Galderma S.A.
- Type: Public
- Traded as: SIX: GALD
- Industry: Dermatology; Pharmaceuticals;
- Founded: 1981; 45 years ago (as a joint venture between L'Oréal and Nestlé)
- Headquarters: Zug, Switzerland
- Key people: Flemming Ørnskov (CEO); Thomas Ebeling (chairman);
- Revenue: US$4.41 billion (2024)
- Owner: Consortium led by EQT AB (2019–2024); Nestle (1981–2019); L'Oréal (1981–2014);
- Number of employees: 6,500 (2024)
- Website: galderma.com

= Galderma =

Swiss pharmaceutical company

Galderma S.A. is a Swiss pharmaceutical company based in Zug that specializes in dermatological treatments and skin care products. Formerly a subsidiary of L'Oréal and Nestlé, it was acquired by a consortium of private institutional investors in 2019 and remained under their ownership until its initial public offering in 2024.

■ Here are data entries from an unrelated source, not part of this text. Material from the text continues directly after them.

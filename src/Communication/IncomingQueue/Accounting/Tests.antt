-- ===== src/Communication/IncomingQueue/Accounting/Tests.antt =====
-- A queue with room for two payloads of ten bytes, under a digest that starts with a zero byte.
use lib_py.Base.{◌+◌, ◌≤◌, ◌≡◌, ◌≢◌, refl, false, none, List, [], ◌∷◌, arith, replicate}
use lib_py.Base.Bytes.{Bytes}
use lib_py.Communication.MessagePow.{leading_zero_bits, message_difficulty, pressure_value}
use lib_py.Communication.IncomingQueue.{
  accepted, reserve, put, second_try, enqueue_incoming, Verdict, undecodable, give_back, take_item,
  process_incoming,
}
use lib_py.Communication.IncomingQueue.Accounting.{
  Event, arrive, try_again, take_one, kept_back, lost, step_lost, step, run, leaked, empty_queue,
  run_size, leak_jams, limit_zero, pending,
}

abbrev toy_digest : Bytes → Bytes
toy_digest m = 0 ∷ 0 ∷ 0 ∷ 0 ∷ []

abbrev payload : Bytes
payload = replicate 10 7

abbrev undecoded : Bytes → Verdict
undecoded m = undecodable

abbrev events : List Event
events = arrive payload ∷ try_again payload ∷ take_one ∷ take_one ∷ []

run_test :
    run toy_digest undecoded events (empty_queue 35) ≡ record { size = 32; limit = 35; items = [] }
unfolding run step enqueue_incoming second_try reserve put process_incoming take_item give_back
    leading_zero_bits message_difficulty pressure_value
run_test = refl

run_size_example :
    let q = run toy_digest undecoded events (empty_queue 35) in
    (q.size ≡ pending q.items + leaked toy_digest undecoded events (empty_queue 35)) × (q.size ≤ 35)
run_size_example = run_size toy_digest undecoded events 35

leaked_run : leaked toy_digest undecoded events (empty_queue 35) ≡ 32
unfolding leaked step_lost lost kept_back run step enqueue_incoming second_try reserve put
    process_incoming take_item give_back leading_zero_bits message_difficulty pressure_value
leaked_run = refl

leak_jams_example :
    let q = run toy_digest undecoded events (empty_queue 35) in
    ((enqueue_incoming toy_digest (λ _. none) false payload q).0 ≡ q)
    × ((enqueue_incoming toy_digest (λ _. none) false payload q).1 ≢ accepted)
leak_jams_example =
    leak_jams toy_digest undecoded events 35 (λ _. none) payload (omega (arith, leaked_run))

limit_zero_example :
    ((enqueue_incoming toy_digest (λ _. none) false payload (empty_queue 0)).0 ≡ empty_queue 0)
    × ((enqueue_incoming toy_digest (λ _. none) false payload (empty_queue 0)).1 ≢ accepted)
limit_zero_example = limit_zero toy_digest (λ _. none) payload (empty_queue 0) refl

Galderma was formed in 1981 as a joint venture between Nestlé and L'Oréal, and later became a wholly owned subsidiary of Nestlé. The company, headed by president and CEO Flemming Ørnskov (ex-Shire), has 33 sites in 100 countries with a worldwide network of distributors and employs more than 4,600 people.

== History ==

The origins of Galderma date back to 1961 and the founding of the Owen dermatology company in Dallas, Texas, USA by M. Owen.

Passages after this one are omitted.